# TASK DESCRIPTION
Return the lines below that carry the word "finished".

:: EXTRACTED DATA ::

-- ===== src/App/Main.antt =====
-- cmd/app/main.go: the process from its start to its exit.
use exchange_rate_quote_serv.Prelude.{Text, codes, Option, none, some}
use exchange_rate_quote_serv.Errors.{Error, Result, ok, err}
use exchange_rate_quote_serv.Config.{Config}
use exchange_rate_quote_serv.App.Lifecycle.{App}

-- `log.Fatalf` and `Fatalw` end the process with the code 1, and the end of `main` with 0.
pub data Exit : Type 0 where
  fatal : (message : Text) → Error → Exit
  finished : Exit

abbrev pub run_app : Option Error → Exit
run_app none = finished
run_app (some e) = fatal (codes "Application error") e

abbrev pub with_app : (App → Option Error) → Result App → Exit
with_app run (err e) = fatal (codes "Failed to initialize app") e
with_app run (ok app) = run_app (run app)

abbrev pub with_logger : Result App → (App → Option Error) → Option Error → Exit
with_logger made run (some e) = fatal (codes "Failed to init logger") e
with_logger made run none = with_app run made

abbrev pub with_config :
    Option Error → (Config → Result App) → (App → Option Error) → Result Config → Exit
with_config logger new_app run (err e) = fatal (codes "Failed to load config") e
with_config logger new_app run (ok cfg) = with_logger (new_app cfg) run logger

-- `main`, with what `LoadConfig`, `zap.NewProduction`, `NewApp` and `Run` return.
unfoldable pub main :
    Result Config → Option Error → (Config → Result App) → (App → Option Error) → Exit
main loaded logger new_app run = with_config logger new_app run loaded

:::

# SOLUTION BELOW
  finished : Exit
run_app none = finished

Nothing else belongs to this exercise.